THE ANCIENT RACES OF AMERICA

THEORIES AS TO THEIR ORIGIN

A number of Chinese coins were presented to the Philadelphia Numismatic and Antiquarian Society last year, reported in its proceedings to have been "found in a tumulus at Vancouver's Island on the Pacific Coast, supposed to be more than a thousand years old." This discovery was regarded with much interest by archæologists, as affording perhaps certain evidence of communication between the Chinese and the ancient inhabitants of the north-western coast of America; but, like other reported discoveries of that nature it has in the main proved a disappointment.

Upon careful examination by Chinese scholars, the coins were found to be "cash" of the Fung Wen dynasty, about A.D. 1434, and of the Kin Leng dynasty about 1664. The latter date, although prehistoric upon that coast, destroys the supposition of the great antiquity of the tumulus. The discovery however, establishes, probably more directly than other evidence, the fact of early relations between the north-west coast tribes and the inhabitants of Asia through Behrings Straits, the Aleutian Islands, or through wrecks or accidental voyages.

In a recent publication, Professor Winchell gives an elaborate description (with illustrations), of a copper relic, resembling a rude coin, taken from an artesian well boring in Marshall county, Illinois. That it came from a depth of at least eighty feet, in the alluvial soil, is singularly well attested by three witnesses. It is curiously inscribed with strange figures and hieroglyphics—giving it a genuine appearance, but undecipherable. It has passed the rounds of archæologists and scientists, however, with no satisfactory theory regarding its history or inscriptions or genuineness having been reached, and at present, whether genuine or an archæological fraud, it has no practical value.

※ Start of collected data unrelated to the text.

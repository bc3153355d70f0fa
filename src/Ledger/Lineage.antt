-- ===== src/Ledger/Lineage.antt =====
-- What the maps of the first loop of `derive` in crates/cc-ledger/src/v1/authority.rs hold.
use clockchain.Prelude.{
  suc, ◌≡◌, refl, ap, ap₂, ◌∙◌, sym, subst, inl, inr, true, false, ◌||◌, Option, none, some, List,
  length, arith, ◌==◌, ==_iff, Bool-cases, nat_key,
}
use clockchain.Prelude.Table.{lookup, contains_key}
use clockchain.Prelude.Ordered.{map_insert, lookup-map_insert, length-map_insert, set_contains}
use clockchain.Wire.{Hash}
use clockchain.Wire.Signed.{Crypto, Signed}
use clockchain.Ledger.{Events, parents_of, any_absent}
use clockchain.Ledger.Authority.{Grant, Lineages, grant_made, traced}
use clockchain.Ledger.Order.{any_absent-taken}
use clockchain.Ledger.Selections.{contains_key-put}
use clockchain.Ledger.Rulings.{some_injective}
use clockchain.Ledger.Governed.{Makes}

module _ {SecretKey : Type 0} (crypto : Crypto SecretKey) (valid : Events) where
  pub record IsLineage (l : Lineages) : Type 0 where
    pub closed :
        (x : Hash) (e : Signed) (p : Hash)
        → traced x l ≡ true
        → lookup x valid ≡ some e
        → set_contains p (parents_of e) ≡ true
        → traced p l ≡ true
    pub made :
        (y : Hash) (f : Signed) (g : Hash) (grant : Grant)
        → traced y l ≡ true
        → lookup y valid ≡ some f
        → Makes crypto valid y f g grant
        → contains_key g l.lineage ≡ true
    pub same : (g : Hash) → contains_key g l.grants ≡ contains_key g l.lineage
    pub origin :
        (g : Hash) (grant : Grant) (i : Hash)
        → lookup g l.grants ≡ some grant
        → grant.issuer ≡ some i
        → contains_key i l.lineage ≡ true
    pub owned :
        (g : Hash) (grant : Grant)
        → lookup g l.grants ≡ some grant
        → (y : Hash) × (f : Signed) × (lookup y valid ≡ some f) × Makes crypto valid y f g grant

  -- What a step leaves: the event is traced, and with its grant, if it makes one, the maps are as
  -- before.
  abbrev pub Traces : Hash → Lineages → Lineages → Type 0
  Traces id l l' =
      IsLineage l'
      × ((x : Hash) → traced x l' ≡ (id == x || traced x l))
      × (length l'.ancestors ≡ suc (length l.ancestors))

  traced-put :
      (id x : Hash) (past : List Hash) (l l' : Lineages)
      → l'.ancestors ≡ map_insert id past l.ancestors
      → traced x l' ≡ (id == x || traced x l)
  traced-put id x past l l' e = ap (contains_key x) e ∙ contains_key-put id x past l.ancestors

  closed-put :
      (id : Hash) (e : Signed) (past : List Hash) (l l' : Lineages)
      → l'.ancestors ≡ map_insert id past l.ancestors
      → lookup id valid ≡ some e
      → IsLineage l
      → any_absent traced (parents_of e) l ≡ false
      → (x : Hash) (f : Signed) (p : Hash) → traced x l' ≡ true
      → lookup x valid ≡ some f
      → set_contains p (parents_of f) ≡ true
      → traced p l' ≡ true
  closed-put id e past l l' eq held inv ready x f p known x_held m =
      let put_x = traced-put id x past l l' eq in
      let put_p = traced-put id p past l l' eq in
      elim (Bool-cases (id == x)) [
        | inl same ↦
            let f_eq : ◌≡◌ {A = Option Signed} (some f) (some e) =
              sym x_held ∙ ap (λ k. lookup k valid) (sym ((==_iff id x).0 same)) ∙ held in
            let m' =
              subst (λ (k : Signed). set_contains p (parents_of k) ≡ true) (some_injective f_eq)
                m in
            let now = any_absent-taken traced (parents_of e) l p ready m' in
            ground (arith, put_p, now)
        | inr differ ↦
            let old = inv.closed x f p (ground (arith, put_x, known, differ)) x_held m in
            ground (arith, put_p, old)
      ]

  pub plain-Traces :
      (id : Hash) (e : Signed) (past : List Hash) (l : Lineages)
      → lookup id valid ≡ some e
      → IsLineage l
      → any_absent traced (parents_of e) l ≡ false
      → grant_made crypto id e e.envelope.payload ≡ some none
      → traced id l ≡ false
      → Traces id l (record l { ancestors = map_insert id past l.ancestors })
  plain-Traces id e past l held inv ready none_made new =
      let l' = record l { ancestors = map_insert id past l.ancestors } in
      (
        record {
          closed = closed-put id e past l l' refl held inv ready;
          made = λ y f g grant known y_held makes.
              let put = traced-put id y past l l' refl in
              elim (Bool-cases (id == y)) [
                | inl same ↦
                    let y_eq = (==_iff id y).0 same in
                    let f_eq : ◌≡◌ {A = Option Signed} (some e) (some f) =
                      sym held ∙ ap (λ k. lookup k valid) y_eq ∙ y_held in
                    let clash : ◌≡◌ {A = Option (Option (Hash × Grant))} (some none)
                        (some (some (g, grant))) =
                      sym none_made
                      ∙ ap₂ (λ (k : Hash) (s : Signed). grant_made crypto k s s.envelope.payload)
                          y_eq (some_injective f_eq)
                      ∙ makes in
                    absurd (ground (arith, clash))
                | inr differ ↦
                    inv.made y f g grant (ground (arith, put, known, differ)) y_held makes
              ];
          same = inv.same;
          origin = inv.origin;
          owned = inv.owned;
        },
        λ x. traced-put id x past l l' refl,
        length-map_insert id past l.ancestors new,
      )

  pub granting-Traces :
      (id : Hash) (e : Signed) (past path : List Hash) (g : Hash) (grant : Grant) (l : Lineages)
      → lookup id valid ≡ some e
      → IsLineage l
      → any_absent traced (parents_of e) l ≡ false
      → Makes crypto valid id e g grant
      → ((i : Hash) → grant.issuer ≡ some i → contains_key i l.lineage ≡ true)
      → traced id l ≡ false
      → Traces id l (record l {
        ancestors = map_insert id past l.ancestors;
        lineage = map_insert g path l.lineage;
        grants = map_insert g grant l.grants;
      })
  granting-Traces id e past path g grant l held inv ready makes_it issuers new =
      let l' : Lineages = record l {
        ancestors = map_insert id past l.ancestors;
        lineage = map_insert g path l.lineage;
        grants = map_insert g grant l.grants;
      } in
      (
        record {
          closed = closed-put id e past l l' refl held inv ready;
          made = λ y f h given known y_held makes.
              let put = traced-put id y past l l' refl in
              let put_h = contains_key-put g h path l.lineage in
              elim (Bool-cases (id == y)) [
                | inl same ↦
                    let y_eq = (==_iff id y).0 same in
                    let f_eq : ◌≡◌ {A = Option Signed} (some e) (some f) =
                      sym held ∙ ap (λ k. lookup k valid) y_eq ∙ y_held in
                    let both : ◌≡◌ {A = Option (Option (Hash × Grant))} (some (some (g, grant)))
                        (some (some (h, given))) =
                      sym makes_it
                      ∙ ap₂ (λ (k : Hash) (s : Signed). grant_made crypto k s s.envelope.payload)
                          y_eq (some_injective f_eq)
                      ∙ makes in
                    let h_eq : g ≡ h = ap (λ t. t.0) (some_injective (some_injective both)) in
                    ground (arith, put_h, h_eq)
                | inr differ ↦
                    let old =
                      inv.made y f h given (ground (arith, put, known, differ)) y_held makes in
                    ground (arith, put_h, old)
              ];
          same = λ h. ground (
            arith,
            contains_key-put g h path l.lineage,
            contains_key-put g h grant l.grants,
            inv.same h,
          );
          origin = λ h given i h_held issuer.
              let put = lookup-map_insert g h grant l.grants in
              let put_i = contains_key-put g i path l.lineage in
              elim (Bool-cases (g == h)) [
                | inl same ↦
                    let put' = rw same at put in
                    let both : ◌≡◌ {A = Option Grant} (some grant) (some given) =
                      sym put' ∙ h_held in
                    let issuer' : grant.issuer ≡ some i =
                      ap (λ (k : Grant). k.issuer) (some_injective both) ∙ issuer in
                    let old = issuers i issuer' in ground (arith, put_i, old)
                | inr differ ↦
                    let put' = rw differ at put in
                    let old = inv.origin h given i (sym put' ∙ h_held) issuer in
                    ground (arith, put_i, old)
              ];
          owned = λ h given h_held.
              let put = lookup-map_insert g h grant l.grants in
              elim (Bool-cases (g == h)) [
                | inl same ↦
                    let put' = rw same at put in
                    let both : ◌≡◌ {A = Option Grant} (some grant) (some given) =
                      sym put' ∙ h_held in
                    (
                      id,
                      e,
                      held,
                      makes_it
                          ∙ ap₂ (λ (k : Hash) (m : Grant). some (some (k, m))) ((==_iff g h).0 same)
                              (some_injective both),
                    )
                | inr differ ↦ let put' = rw differ at put in inv.owned h given (sym put' ∙ h_held)
              ];
        },
        λ x. traced-put id x past l l' refl,
        length-map_insert id past l.ancestors new,
      )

Haywood in his " Aboriginal History of Tennessee," published in 1823, devotes nearly a chapter to the consideration of a Roman coin (of Antoninus Pius, date about A.D. 150) alleged to have been found at a depth of several feet in the natural soil at Fayetteville, Tennessee; but his statement of facts is meager and unsatisfactory, and his observations regarding it are often so preposterous, that the intelligent reader soon loses faith in the genuineness and value of the discovery.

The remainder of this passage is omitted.